Did both parties raise soft money?

Yes, they did. The Republicans were the first to see the possibilities in the FEC rulings, but the Democrats soon caught up to them.

To get private funds for Ronald Reagan's publicly funded campaign, the Republican Party set up a soft-money operation to raise, distribute, and spend state-regulated money. They could raise and spend money from corporations in states that permitted corporate funds in elections; but they could also raise corporate money in states that did not permit it if it was spent in states that did. Rich donors who lived in states with no contribution limits could start writing checks to state parties after giving the maximum allowed under the FECA.3

This sort of thing has to be well organized, and the GOP set up a national "nonfederal" account in Washington, D.C., to manage it. It was in effect a parallel campaign finance system that was regulated neither by the FECA nor by the laws of any particular state. The FECA was a national system authorized by federal legislation, but the soft-money system had no authorizing law. It was a nationally centralized legal arrangement for taking advantage of the differences among state laws.

The Democrats eventually caught on to what the Republicans were doing, but it was late in the game by then and their feeble attempts to catch up in 1980 did not amount to much. They were a bit better organized in 1984, although still no match for the GOP.

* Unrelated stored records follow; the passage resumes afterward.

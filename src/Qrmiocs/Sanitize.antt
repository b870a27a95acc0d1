-- ===== src/Qrmiocs/Sanitize.antt =====
-- src/internal/qrmiocs/sanitize.go: the environment that a hook may see. `CleanEnv` and
-- `ResetProcessEnv` are here; `LaunchEnv`, for the launcher, is in LaunchEnv.
-- The order in which Go ranges over a map is the parameter `order`.
pub mod Clean
use qpu_resource.Prelude.{
  ℕ, Bool, false, not, ◌&&◌, ◌||◌, List, [], ◌∷◌, ◌++◌, map, Option, none, some, Text, codes,
  length, leb, ◌==◌, text_eq, if◌then◌else◌, is_nil, all, has_char,
}
use qpu_resource.Strings.{within, Cut, cut, has_prefix, cut_prefix, contains_text}
use qpu_resource.Decimal.{format_nat, is_number}
use qpu_resource.Dict.{Dict, lookup, insert}
use qpu_resource.FilePath.{is_abs}
use qpu_resource.Machine.{Machine}
use qpu_resource.Errors.{
  errorf, wrapf, job_error, Result, ok, err, ◌>>=◌, ◌>>◌, guard, or_fail, done, fails,
}

abbrev alnum : ℕ → Bool
alnum c = within b'A' b'Z' c || within b'a' b'z' c || within b'0' b'9' c

unfoldable pub path_char : ℕ → Bool
path_char c = alnum c || c == b'.' || c == b'_' || c == b'/' || c == b'-'

unfoldable pub cell_char : ℕ → Bool
cell_char c = alnum c || c == b'.' || c == b'_' || c == b'-'

unfoldable pub tz_char : ℕ → Bool
tz_char c = alnum c || c == b'_' || c == b'+' || c == b':' || c == b'/' || c == b'.' || c == b'-'

-- `^[0-9]+$` is `is_number` of Decimal. `^([0-9]+|undefined)$`:
unfoldable pub task_pattern : Text → Bool
unfolding is_number text_eq
task_pattern s = is_number s || text_eq s (codes "undefined")

-- `^/[A-Za-z0-9._/-]+$`.
unfoldable pub dir_pattern : Text → Bool
unfolding path_char
dir_pattern [] = false
dir_pattern (c ∷ s) = c == b'/' && not (is_nil s) && all path_char s

-- `^[A-Za-z0-9._-]+$`.
unfoldable pub cell_pattern : Text → Bool
unfolding cell_char
cell_pattern s = not (is_nil s) && all cell_char s

-- `^[A-Za-z0-9_+:/.-]{1,64}$`.
unfoldable pub tz_pattern : Text → Bool
unfolding tz_char
tz_pattern s = not (is_nil s) && leb (length s) 64 && all tz_char s

abbrev pub trusted_env : Dict (Text → Bool)
trusted_env =
    (codes "JOB_ID", is_number)
    ∷ (codes "SGE_TASK_ID", task_pattern)
    ∷ (codes "SGE_JOB_SPOOL_DIR", dir_pattern)
    ∷ (codes "SGE_ROOT", dir_pattern)
    ∷ (codes "SGE_CELL", cell_pattern)
    ∷ (codes "SGE_QMASTER_PORT", is_number)
    ∷ (codes "SGE_EXECD_PORT", is_number)
    ∷ (codes "TZ", tz_pattern)
    ∷ []

abbrev pub has_dotdot : Text → Bool
has_dotdot = contains_text (codes "..")

-- `key + "=" + value`.
abbrev pub assign : Text → Text → Text
assign key value = key ++ (b'=' ∷ value)

abbrev pub key_of : Text → Text
key_of kv = (cut b'=' kv).before

-- A variable of the dynamic loader.
unfoldable pub is_loader_key : Text → Bool
unfolding cut_prefix text_eq
is_loader_key key = has_prefix (codes "LD_") key || text_eq key (codes "GLIBC_TUNABLES")

unfoldable pub check_loader_env : List Text → Result (Unit {0})
unfolding is_loader_key cut
check_loader_env [] = ok tt
check_loader_env (kv ∷ environ) = do
  guard (not (is_loader_key (key_of kv)))
      (job_error (errorf "refusing to run: %s is set" (key_of kv ∷ [])))
  check_loader_env environ

-- The home directory of the account that the hook runs as, or "/".
unfoldable pub hook_user_home : Machine → Text
unfolding format_nat
hook_user_home m = elim (m.lookup_id (format_nat m.effective_uid)) [
  | fails e ↦ codes "/"
  | done account ↦ if is_abs account.home_dir then account.home_dir else codes "/"
]

abbrev pub trusted_path : Text
trusted_path = codes "/usr/sbin:/usr/bin:/sbin:/bin"

abbrev pub fixed_env : Machine → List Text
fixed_env m =
    assign (codes "PATH") trusted_path
    ∷ assign (codes "HOME") (hook_user_home m)
    ∷ assign (codes "LANG") (codes "C")
    ∷ assign (codes "LC_ALL") (codes "C")
    ∷ []

-- One round of the loop of `CleanEnv`: a variable that is not trusted, or that has no `=`, is passed over.
abbrev pub pattern_accepts : (Text → Bool) → Text → Bool
pattern_accepts pattern value = pattern value && not (has_dotdot value)

abbrev pub keep_if_trusted : Option (Text → Bool) → Cut → Dict Text → Result (Dict Text)
keep_if_trusted none r values = ok values
keep_if_trusted (some pattern) r values =
    if not r.found
    then ok values
    else if not (pattern_accepts pattern r.after)
    then err (errorf "unexpected value for %s" (r.before ∷ []))
    else ok (insert r.before r.after values)

unfoldable pub clean_one : Text → Dict Text → Result (Dict Text)
unfolding cut lookup insert contains_text cut_prefix
clean_one kv values = let r = cut b'=' kv in keep_if_trusted (lookup r.before trusted_env) r values

unfoldable pub clean_values : List Text → Dict Text → Result (Dict Text)
unfolding clean_one
clean_values [] values = ok values
clean_values (kv ∷ environ) values = do values' ← clean_one kv values; clean_values environ values'

abbrev pub assignments : Dict Text → List Text
assignments = map (λ (k, v). assign k v)

module _ (order : Dict Text → Dict Text) (m : Machine) where
  unfoldable pub clean_env : List Text → Result (List Text)
  unfolding clean_values hook_user_home
  clean_env environ = do
    values ← clean_values environ []
    ok (assignments (order values) ++ fixed_env m)

-- `os.Setenv`: the name is not empty and holds no `=` or NUL, the value holds no NUL.
unfoldable pub setenv : Text → Text → Dict Text → Result (Dict Text)
unfolding has_char insert
setenv key value env = do
  guard (not (is_nil key || has_char b'=' key || has_char 0 key || has_char 0 value))
      (errorf "setenv: invalid argument" [])
  ok (insert key value env)

unfoldable pub set_all : List Text → Dict Text → Result (Dict Text)
unfolding setenv cut
set_all [] env = ok env
set_all (kv ∷ kvs) env =
    let r = cut b'=' kv in
    do
      env' ← or_fail (setenv r.before r.after env) (wrapf "setenv %s: %w" (r.before ∷ []))
      set_all kvs env'

module _ (order : Dict Text → Dict Text) (m : Machine) where
  -- `ResetProcessEnv`: the process environment that the hook goes on with.
  unfoldable pub reset_process_env : List Text → Result (Dict Text)
  unfolding check_loader_env clean_env set_all
  reset_process_env environ = do
    check_loader_env environ
    env ← or_fail (clean_env order m environ) job_error
    set_all env []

But they launched a much more aggressive fundraising campaign in 1988, which raised three times more soft money than in 1984, and matched the Republicans' soft-money operation dollar for dollar.

It was also in 1988 that both parties decided to voluntarily disclose at least some of their soft-money donors. The public learned that 267 people had made $100,000 contributions to the GOP, and that 130 donors had given the same amount to the Democrats. That was more $100,000 donors than in the 1972 election, and some of them were corporations. The "fat cats" of pre-Watergate days were back in force.4

Reformers had seen soft money as a problem since 1980. The FEC did not share their concern, though, and did not meet their persistent requests to require the parties to disclose their soft-money accounts until 1992. It is only for the years 1992 to 2000 that we know how soft money was being raised and spent.

Soft money was supposed to pay for state-level party-building activities such as voter registration and turnout drives, administrative costs, and building funds. And when the parties began filing soft- money disclosure reports in 1992, it turned out that they did spend the great majority of that money on activities that could fall into a stretched definition of party building. The parties spent far more money than was necessary to achieve the goal Congress had set out in the 1979 FECA amendments. But for twelve years and four presidential elections, there was surface plausibility to the parties' claim that they were doing no more than paying for generic campaign activities.5

The nature of soft money changed after 1992, though. That is when the parties began to raise much more money and spend it for purposes that had nothing to do with party building.